◆ **TASK REQUIREMENTS**
In exact form, please repeat the records from their opening line down to the line with "use opendht.Prelude.Map", including that line.

◆ **MATERIAL FOR THIS EXERCISE**
----------------------------------------

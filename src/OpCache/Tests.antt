-- ===== src/OpCache/Tests.antt =====
-- Values that two nodes announce.
use opendht.Prelude.{
  ℕ, ◌≡◌, ◌==◌, refl, true, false, [], ◌∷◌, Option, none, some, arith, inl, if◌then◌else◌,
}
use opendht.Prelude.Map
use opendht.Value.{Value, content_equals, equal_bytes, equal_owner}
use opendht.Value
use opendht.OpCache.{
  OpValueCache, merge, added_loop, expired_loop, on_values_added, on_ids_expired, on_values_expired,
  on_value,
}
use opendht.OpCache.Known.{IsKeyed, Knows, stored_at, hears_all, on_value-Knows}
use opendht.OpCache.Counts.{Calls, receive, tally, last_time, Tallied, receive-Tallied}

abbrev value : ℕ → Value
value k = record {
  ref = k;
  id = k;
  owner = none;
  type = 0;
  body = k ∷ [];
  user_type = [];
  seq = 0;
  signature = [];
  cypher = [];
  push_type = [];
}

abbrev one_value : OpValueCache
one_value = record {
  nodes = 1;
  synced_nodes = 0;
  values = (7, record { stored = value 7; ref_count = 1; updated = 0 }) ∷ [];
}

one_value-IsKeyed : IsKeyed one_value.values
unfolding Map.find
one_value-IsKeyed k c e = ground (arith, e)

-- What a listener knows that has heard of the value 7.
abbrev knows_seven : ℕ → Option Value
knows_seven k = if 7 == k then some (value 7) else none

on_value-Knows_example :
    IsKeyed (on_value (λ vs e. true) (value 7 ∷ value 9 ∷ []) true 5 one_value).0.values
    × Knows
        (hears_all
          (on_value (λ vs e. true) (value 7 ∷ value 9 ∷ []) true 5 one_value).1
          knows_seven)
        (on_value (λ vs e. true) (value 7 ∷ value 9 ∷ []) true 5 one_value).0.values
unfolding stored_at
on_value-Knows_example =
    on_value-Knows (λ vs e. true) (value 7 ∷ value 9 ∷ []) true 5 one_value knows_seven
      one_value-IsKeyed (λ k. ground arith)

-- Copies of the value 9.
abbrev NineCopy : Value → Type 0
NineCopy v = (r : ℕ) × (v ≡ record (value 9) { ref = r })

NineCopy-alike : (v w : Value) → NineCopy v → NineCopy w → Value.equal v w ≡ true
unfolding Value.equal content_equals equal_bytes equal_owner
NineCopy-alike v w (r, e) (q, f) = rw (e, f) refl

-- Two nodes announce the value 9, and that of one expires.
abbrev two_nodes : Calls
two_nodes =
    (3, value 9 ∷ [], false)
    ∷ (4, record (value 9) { ref = 2 } ∷ value 8 ∷ [], false)
    ∷ (6, value 9 ∷ [], true)
    ∷ []

receive-Tallied_example :
    Tallied 9 NineCopy NineCopy-alike
      (tally 9 two_nodes 0)
      (last_time 0 two_nodes)
      (Map.find 9 (receive (λ vs e. true) two_nodes one_value).values)
unfolding Map.find
receive-Tallied_example =
    receive-Tallied 9 NineCopy NineCopy-alike (λ vs e. true) two_nodes one_value 0 0
      (((λ h. (9, refl)), tt), (((λ h. (2, refl)), ((λ h. absurd (ground (arith, h))), tt)), tt))
      (omega arith, (omega arith, (omega arith, tt))) (omega arith) (inl (refl, refl))

tally_of_two_nodes : tally 9 two_nodes 0 ≡ 1
unfolding tally
tally_of_two_nodes = refl

-- One node announces the value 9, another one an edit of it, and the first one's expires: the entry
-- goes, although the second node's has not expired.
abbrev edited_nine : Value
edited_nine = record (value 9) { body = 10 ∷ []; seq = 1 }

abbrev edit_between : Calls
edit_between =
    (3, value 9 ∷ [], false) ∷ (4, edited_nine ∷ [], false) ∷ (6, value 9 ∷ [], true) ∷ []

edit_uncounted : Map.find 9 (receive (λ vs e. true) edit_between one_value).values ≡ none
unfolding receive on_value on_values_added on_values_expired on_ids_expired added_loop expired_loop
    merge Map.find Map.emplace Map.insert Map.update Map.erase Value.equal content_equals
    equal_bytes equal_owner
edit_uncounted = refl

----------------------------------------

◆ **YOUR RESPONSE**
filename src/OpCache/Tests.antt
-- ===== src/OpCache/Tests.antt =====
-- Values that two nodes announce.
use opendht.Prelude.{
  ℕ, ◌≡◌, ◌==◌, refl, true, false, [], ◌∷◌, Option, none, some, arith, inl, if◌then◌else◌,
}
use opendht.Prelude.Map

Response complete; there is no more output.